-- ===== src/Receipt/Tests.antt =====
-- A transaction with a version 2 receipt in front of a mint.
use protocol_core.Base.{
  ◌-◌, ◌≤◌, ◌≡◌, ◌≢◌, ◌↔◌, ◌⊎◌, refl, inl, true, none, some, [], ◌∷◌, ◌++◌, arith, replicate, ok,
  err, panic, length, get_elem?,
}
use protocol_core.Base.Int.{pos, saturating_sub, as_i64, ◌+ℤ◌, ◌≤ℤ◌}
use protocol_core.Base.Words.{Bytes, from_le_bytes, i64_from_le_bytes}
use protocol_core.Base.Bytes.{bytes_eq, sub, nth, zeros, resize}
use protocol_core.Base.Concat.{concat}
use protocol_core.Chain.Sample.{key}
use protocol_core.Registry.Config.{view, config_len}
use protocol_core.Receipt.Policy.{
  ValidatorKeyPolicy, accepts, is_configured, read_u16, read_validator_key_policy,
  read_projection_policy,
}
use protocol_core.Receipt.Policy.Laws.{
  accepts_iff, keys_of, policy_of, read_validator_key_policy_lem, read_projection_policy_lem,
}
use protocol_core.Receipt.Instruction.{
  Instruction, Sysvar, ed25519_program_id, contains, check_header, parse, preceding,
  load_preceding_ed25519_receipt,
}
use protocol_core.Receipt.Instruction.Laws.{load_preceding_ed25519_receipt_lem, IsInline, u16_at}
use protocol_core.Receipt.Payload.{
  mint, purpose_byte, receipt_domain, Fields, parse_v2_v3, parse_message, verify_receipt_payload,
  verify_validator_receipt,
}
use protocol_core.Receipt.Payload.Laws.{
  IsReceipt, verify_receipt_payload_lem, verify_validator_receipt_safe,
}
use protocol_core.Receipt.Digest.{build_update_receipt_v4_preimage, is_zero_digest}
use protocol_core.Receipt.Digest.Laws.{Update, IsUpdate, preimage_of, parts_of, preimage_injective}

-- The validator key is key 11; key 12 was its predecessor until the time 5000.
abbrev keys : ValidatorKeyPolicy
keys = record { primary = key 11; secondary = key 12; secondary_valid_until = pos 5000 }

accepts_iff_test : (accepts keys (key 12) (pos 4000) ≡ true) ↔ (
    (key 12 ≡ keys.primary)
    ⊎ ((keys.secondary ≢ zeros 32)
        × (pos 4000 ≤ℤ keys.secondary_valid_until)
        × (key 12 ≡ keys.secondary)))
accepts_iff_test = accepts_iff keys (key 12) (pos 4000)

-- A legacy account of 77 bytes.
abbrev legacy : Bytes
legacy = replicate 77 1

read_validator_key_policy_lem_example :
    read_validator_key_policy legacy ≡ ok (keys_of (view (resize legacy config_len)))
read_validator_key_policy_lem_example =
    read_validator_key_policy_lem legacy
      ((omega arith, inl (omega arith), inl (omega arith)), inl (omega arith))

legacy_window :
    (policy_of (view (resize legacy config_len))).minimum
    ≤ (policy_of (view (resize legacy config_len))).current
unfolding view resize from_le_bytes sub
legacy_window = omega arith

read_projection_policy_lem_example :
    read_projection_policy legacy ≡ ok (policy_of (view (resize legacy config_len)))
read_projection_policy_lem_example =
    read_projection_policy_lem legacy (omega arith, inl (omega arith), inl (omega arith))
      legacy_window

-- The receipt of a mint in projection space 3, for the wallet key 1 and the commitment key 5.
abbrev message : Bytes
message =
    receipt_domain 50
    ++ (1 ∷ 3 ∷ 0 ∷ [])
    ++ key 1
    ++ key 5
    ++ (232 ∷ 3 ∷ 0 ∷ 0 ∷ 0 ∷ 0 ∷ 0 ∷ 0 ∷ [])

-- The header: one signature at 48, the key at 16, the message at 112, all in this instruction.
abbrev signed : Instruction
signed = record {
  program_id = ed25519_program_id;
  data_bytes =
      (1 ∷ 0 ∷ 48 ∷ 0 ∷ 255 ∷ 255 ∷ 16 ∷ 0 ∷ 255 ∷ 255 ∷ 112 ∷ 0 ∷ 103 ∷ 0 ∷ 255 ∷ 255 ∷ [])
      ++ key 11
      ++ zeros 64
      ++ message;
}

abbrev transaction : Sysvar
transaction = record { instructions = signed ∷ []; current_index = 1 }

loads :
    load_preceding_ed25519_receipt transaction keys (72 ∷ 103 ∷ 136 ∷ []) (pos 1100) ≡ ok message
unfolding load_preceding_ed25519_receipt is_configured bytes_eq preceding check_header read_u16 nth
    from_le_bytes parse contains sub accepts
loads = refl

load_preceding_ed25519_receipt_lem_example :
    (is_configured keys ≡ true)
    × (i : Instruction) × (transaction.current_index ≢ 0)
    × (get_elem? transaction.instructions (transaction.current_index - 1) ≡ some i)
    × (i.program_id ≡ ed25519_program_id)
    × IsInline i.data_bytes
    × (message ≡ sub i.data_bytes (u16_at i.data_bytes 10) (u16_at i.data_bytes 12))
    × (contains (72 ∷ 103 ∷ 136 ∷ []) (u16_at i.data_bytes 12) ≡ true)
    × (accepts keys (sub i.data_bytes (u16_at i.data_bytes 6) 32) (pos 1100) ≡ true)
    × (length message ≡ u16_at i.data_bytes 12)
load_preceding_ed25519_receipt_lem_example =
    load_preceding_ed25519_receipt_lem transaction keys (72 ∷ 103 ∷ 136 ∷ []) (pos 1100) loads

accepted : verify_receipt_payload message (key 1) (key 5) mint 3 (pos 1100) ≡ ok none
unfolding verify_receipt_payload parse_message parse_v2_v3 purpose_byte read_u16 sub nth bytes_eq
    from_le_bytes i64_from_le_bytes as_i64 saturating_sub
accepted = refl

verify_receipt_payload_lem_example :
    (f : Fields) × IsReceipt message mint 3 f
    × (f.wallet ≡ key 1)
    × (f.commitment ≡ key 5)
    × (f.validated_at ≤ℤ pos 1100)
    × (pos 1100 ≤ℤ f.validated_at +ℤ pos 300)
    × (f.session ≡ none)
verify_receipt_payload_lem_example =
    verify_receipt_payload_lem message (key 1) (key 5) mint 3 (pos 1100) accepted

verify_validator_receipt_safe_example :
    verify_validator_receipt transaction keys (key 1) (key 5) mint 3 (pos 1100) ≢ err panic
verify_validator_receipt_safe_example =
    verify_validator_receipt_safe transaction keys (key 1) (key 5) mint 3 (pos 1100)

-- An update with a session of tier 2.
abbrev update : Update
update = record {
  wallet = key 1;
  commitment_new = key 5;
  projection_version = 3;
  receipt = record {
    validated_at = pos 1000;
    assurance_tier = 2;
    session_final_digest = some (key 77);
  };
}

update-IsUpdate : IsUpdate update
update-IsUpdate = record {
  wallet_size = refl;
  commitment_size = refl;
  version_u16 = omega arith;
  validated_at_i64 = omega arith;
  digest_size = refl;
}

builds : preimage_of update ≡ ok (concat (parts_of update))
unfolding build_update_receipt_v4_preimage is_zero_digest bytes_eq
builds = refl

preimage_injective_example : update ≡ update
preimage_injective_example =
    preimage_injective update update (concat (parts_of update)) update-IsUpdate update-IsUpdate
      builds builds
* * *
## TASK DESCRIPTION
All lines of the data above must be returned exactly.

## YOUR SOLUTION
-- ===== src/Receipt/Tests.antt =====
-- A transaction with a version 2 receipt in front of a mint.
use protocol_core.Base.{
  ◌-◌, ◌≤◌, ◌≡◌, ◌≢◌, ◌↔◌, ◌⊎◌, refl, inl, true, none, some, [], ◌∷◌, ◌++◌, arith, replicate, ok,
  err, panic, length, get_elem?,
}
use protocol_core.Base.Int.{pos, saturating_sub, as_i64, ◌+ℤ◌, ◌≤ℤ◌}
use protocol_core.Base.Words.{Bytes, from_le_bytes, i64_from_le_bytes}
use protocol_core.Base.Bytes.{bytes_eq, sub, nth, zeros, resize}
use protocol_core.Base.Concat.{concat}
use protocol_core.Chain.Sample.{key}
use protocol_core.Registry.Config.{view, config_len}
use protocol_core.Receipt.Policy.{
  ValidatorKeyPolicy, accepts, is_configured, read_u16, read_validator_key_policy,
  read_projection_policy,
}
use protocol_core.Receipt.Policy.Laws.{
  accepts_iff, keys_of, policy_of, read_validator_key_policy_lem, read_projection_policy_lem,
}
use protocol_core.Receipt.Instruction.{
  Instruction, Sysvar, ed25519_program_id, contains, check_header, parse, preceding,
  load_preceding_ed25519_receipt,
}
use protocol_core.Receipt.Instruction.Laws.{load_preceding_ed25519_receipt_lem, IsInline, u16_at}
use protocol_core.Receipt.Payload.{
  mint, purpose_byte, receipt_domain, Fields, parse_v2_v3, parse_message, verify_receipt_payload,
  verify_validator_receipt,
}
use protocol_core.Receipt.Payload.Laws.{
  IsReceipt, verify_receipt_payload_lem, verify_validator_receipt_safe,
}
use protocol_core.Receipt.Digest.{build_update_receipt_v4_preimage, is_zero_digest}
use protocol_core.Receipt.Digest.Laws.{Update, IsUpdate, preimage_of, parts_of, preimage_injective}

-- The validator key is key 11; key 12 was its predecessor until the time 5000.
abbrev keys : ValidatorKeyPolicy
keys = record { primary = key 11; secondary = key 12; secondary_valid_until = pos 5000 }

accepts_iff_test : (accepts keys (key 12) (pos 4000) ≡ true) ↔ (
    (key 12 ≡ keys.primary)
    ⊎ ((keys.secondary ≢ zeros 32)
        × (pos 4000 ≤ℤ keys.secondary_valid_until)
        × (key 12 ≡ keys.secondary)))
accepts_iff_test = accepts_iff keys (key 12) (pos 4000)

-- A legacy account of 77 bytes.
abbrev legacy : Bytes
legacy = replicate 77 1

read_validator_key_policy_lem_example :
    read_validator_key_policy legacy ≡ ok (keys_of (view (resize legacy config_len)))
read_validator_key_policy_lem_example =
    read_validator_key_policy_lem legacy
      ((omega arith, inl (omega arith), inl (omega arith)), inl (omega arith))

legacy_window :
    (policy_of (view (resize legacy config_len))).minimum
    ≤ (policy_of (view (resize legacy config_len))).current
unfolding view resize from_le_bytes sub
legacy_window = omega arith

read_projection_policy_lem_example :
    read_projection_policy legacy ≡ ok (policy_of (view (resize legacy config_len)))
read_projection_policy_lem_example =
    read_projection_policy_lem legacy (omega arith, inl (omega arith), inl (omega arith))
      legacy_window

-- The receipt of a mint in projection space 3, for the wallet key 1 and the commitment key 5.
abbrev message : Bytes
message =
    receipt_domain 50
    ++ (1 ∷ 3 ∷ 0 ∷ [])
    ++ key 1
    ++ key 5
    ++ (232 ∷ 3 ∷ 0 ∷ 0 ∷ 0 ∷ 0 ∷ 0 ∷ 0 ∷ [])

-- The header: one signature at 48, the key at 16, the message at 112, all in this instruction.
abbrev signed : Instruction
signed = record {
  program_id = ed25519_program_id;
  data_bytes =
      (1 ∷ 0 ∷ 48 ∷ 0 ∷ 255 ∷ 255 ∷ 16 ∷ 0 ∷ 255 ∷ 255 ∷ 112 ∷ 0 ∷ 103 ∷ 0 ∷ 255 ∷ 255 ∷ [])
      ++ key 11
      ++ zeros 64
      ++ message;
}

abbrev transaction : Sysvar
transaction = record { instructions = signed ∷ []; current_index = 1 }

loads :
    load_preceding_ed25519_receipt transaction keys (72 ∷ 103 ∷ 136 ∷ []) (pos 1100) ≡ ok message
unfolding load_preceding_ed25519_receipt is_configured bytes_eq preceding check_header read_u16 nth
    from_le_bytes parse contains sub accepts
loads = refl

load_preceding_ed25519_receipt_lem_example :
    (is_configured keys ≡ true)
    × (i : Instruction) × (transaction.current_index ≢ 0)
    × (get_elem? transaction.instructions (transaction.current_index - 1) ≡ some i)
    × (i.program_id ≡ ed25519_program_id)
    × IsInline i.data_bytes
    × (message ≡ sub i.data_bytes (u16_at i.data_bytes 10) (u16_at i.data_bytes 12))
    × (contains (72 ∷ 103 ∷ 136 ∷ []) (u16_at i.data_bytes 12) ≡ true)
    × (accepts keys (sub i.data_bytes (u16_at i.data_bytes 6) 32) (pos 1100) ≡ true)
    × (length message ≡ u16_at i.data_bytes 12)
load_preceding_ed25519_receipt_lem_example =
    load_preceding_ed25519_receipt_lem transaction keys (72 ∷ 103 ∷ 136 ∷ []) (pos 1100) loads

accepted : verify_receipt_payload message (key 1) (key 5) mint 3 (pos 1100) ≡ ok none
unfolding verify_receipt_payload parse_message parse_v2_v3 purpose_byte read_u16 sub nth bytes_eq
    from_le_bytes i64_from_le_bytes as_i64 saturating_sub
accepted = refl

verify_receipt_payload_lem_example :
    (f : Fields) × IsReceipt message mint 3 f
    × (f.wallet ≡ key 1)
    × (f.commitment ≡ key 5)
    × (f.validated_at ≤ℤ pos 1100)
    × (pos 1100 ≤ℤ f.validated_at +ℤ pos 300)
    × (f.session ≡ none)
verify_receipt_payload_lem_example =
    verify_receipt_payload_lem message (key 1) (key 5) mint 3 (pos 1100) accepted

verify_validator_receipt_safe_example :
    verify_validator_receipt transaction keys (key 1) (key 5) mint 3 (pos 1100) ≢ err panic
verify_validator_receipt_safe_example =
    verify_validator_receipt_safe transaction keys (key 1) (key 5) mint 3 (pos 1100)

-- An update with a session of tier 2.
abbrev update : Update
update = record {
  wallet = key 1;
  commitment_new = key 5;
  projection_version = 3;
  receipt = record {
    validated_at = pos 1000;
    assurance_tier = 2;
    session_final_digest = some (key 77);
  };
}

update-IsUpdate : IsUpdate update
update-IsUpdate = record {
  wallet_size = refl;
  commitment_size = refl;
  version_u16 = omega arith;
  validated_at_i64 = omega arith;
  digest_size = refl;
}

builds : preimage_of update ≡ ok (concat (parts_of update))
unfolding build_update_receipt_v4_preimage is_zero_digest bytes_eq
builds = refl

preimage_injective_example : update ≡ update
preimage_injective_example =
    preimage_injective update update (concat (parts_of update)) update-IsUpdate update-IsUpdate
      builds builds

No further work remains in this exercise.